The frame portion 18 has a layered structure consisting of the first layer 5 and the second layer 6, and defines the cavity 11 of the MEMS sensor 1. The first cantilever structure 19 includes a base end portion 20 connected to the frame portion 18 and an extension portion 21 that extends from the base end portion 20 in a floating state with respect to the cavity 11. The first cantilever structure 19 is supported in a cantilever manner by means of the frame portion 18.

Referring to FIG. 1, the frame portion 18 includes an outer frame 22 and an extension frame 23. The outer frame 22 forms the external shape of the MEMS sensor 1, for example. The outer frame 22 is formed in a quadrangular annular shape in a plan view. The cavity 11 is defined in an inner region of the outer frame 22. In this preferred embodiment, the outer frame 22 includes a pair of first side portions 24 that extend along the first direction X and that face each other in the second direction Y and a pair of second side portions 25 that extend along the second direction Y and that face each other in the first direction X.

The extension frame 23 is connected to an inner peripheral portion 26 of the outer frame 22. The extension frame 23 extends from the inner peripheral portion 26 of the outer frame 22 to the inner region of the outer frame 22. The extension frame 23 may be shaped like a plurality of bands formed mutually-independently. The extension frame 23 may have a width wider than the outer frame 22. The extension frame 23 may include a plurality of extension frames 23 that extend from parts, which face each other, of the inner peripheral portion 26 of the outer frame 22 and that have forward end portions 27 facing each other. The extension frame 23 may include a pair of extension frames 23 extending from parts of a pair of inner peripheral portions 26 of at least one of the pair of first side portions 24 and the pair of second side portions 25 of the outer frame 22. In this preferred embodiment, band-shaped extension frames 23 extend from two places of each one of the pair of second side portions 25, respectively, toward the second side portion 25 on the other side. Two extension frames 23 are formed at each of the second side portions 25, i.e., four extension frames 23 in total are formed at the second side portions 25.
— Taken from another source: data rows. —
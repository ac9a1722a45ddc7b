-- ===== src/Risk/Checks.antt =====
-- The eight checks of the standard checklist, one module for each file of
-- crates/rt-risk/src/checks.
pub mod Staleness
pub mod SpreadLiquidity
pub mod VolatilityRegime
pub mod HardLimit
pub mod DuplicatePosition
pub mod LiquidationDistance
pub mod FundingRate
pub mod NotionalCap
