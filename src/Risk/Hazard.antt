-- ===== src/Risk/Hazard.antt =====
-- What the standard checklist must refuse, and that each check is exact for its concern.
pub mod Spec
pub mod Checks
pub mod Loops
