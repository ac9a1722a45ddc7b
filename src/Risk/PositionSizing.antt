-- ===== src/Risk/PositionSizing.antt =====
-- crates/rt-risk/src/position_sizing.rs.
use razortrade.Common.{◌||◌, Option, none, some, if◌then◌else◌}
use razortrade.Decimal.{DecimalOps}

pub record PositionSizing (D : Type 0) : Type 0 where
  pub quantity : D
  pub stop_distance_quote : D
  pub risk_chf : D

module _ {D : Type 0} ⦃dec : DecimalOps D⦄ where
  unfoldable pub atr_based_size : D → D → D → D → D → Option (PositionSizing D)
  atr_based_size equity risk_fraction atr stop_multiplier price =
      let risk = dec.mul equity risk_fraction in
      let stop_distance = dec.mul atr stop_multiplier in
      let stop_distance_chf = dec.mul stop_distance price in
      if dec.is_zero atr || dec.is_zero price
      then none
      else if dec.is_zero stop_distance_chf
      then none
      else some (record {
        quantity = dec.div risk stop_distance_chf;
        stop_distance_quote = stop_distance;
        risk_chf = risk;
      })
Referring to FIG. 4, a forward end portion 27 of the extension frame 23 may have a removal portion 28 by which a part of the second layer 6 is selectively removed and by which the first principal surface 7 of the first layer 5 is exposed. In this preferred embodiment, the forward end portion 27 branches into a pair of branch portions 29, and a space portion between the pair of branch portions 29 may be the removal portion 28. In this case, the removal portion 28 may be a concave portion 30 that continuously has a first side surface 31 formed by one of the pair of branch portions 29, a second side surface 32 formed by the other one of the pair of branch portions 29, and a third side surface 33 formed by a connection portion 34 by which the pair of branch portions 29 are connected together. The concave portion 30 is surrounded from three directions of the first, second, and third side surfaces 31, 32, and 33, and the side opposite to the third side surface 33 is open. Referring to FIG. 5, the concave portion 30 is defined by the first and second layers 5 and 6 in a cross-sectional view. A bottom surface 36 of the concave portion 30 is formed by the first principal surface 7 of the first layer 5 that is continuous with a boundary surface 35 between the first layer 5 and the second layer 6. The first side surface 31, the second side surface 32, and the third side surface 33 of the concave portion 30 are formed by the second layer 6. Hence, the extension frame 23 is provided with a level difference based on a difference in height (thickness of the second layer 6) between the first principal surface 9 of the second layer 6 and the first principal surface 7 of the first layer 5. The bottom surface 36 of the concave portion 30 may be referred to as a stepped surface 37.

Referring to FIG. 4, the forward end portion 27 of the extension frame 23 may have a projection portion 38 (second projection portion) that selectively protrudes more forwardly than other parts of the forward end portion 27. In this preferred embodiment, the projection portion 38 may be formed of one of the extension portions of the pair of branch portions 29. Therefore, a level difference is formed between an end surface 39 of one of the pair of branch portions 29 and an end surface 40 of the other one of the pair of branch portions 29. The magnitude of this level difference corresponds to the length of the projection portion 38. Referring to FIG. 6, the projection portion 38 is formed by selectively projecting the second layer 6 that is one of the first and second layers 5 and 6. The projection portion 38 is connected integrally with the extension frame 23 in a floating state with respect to the cavity 11.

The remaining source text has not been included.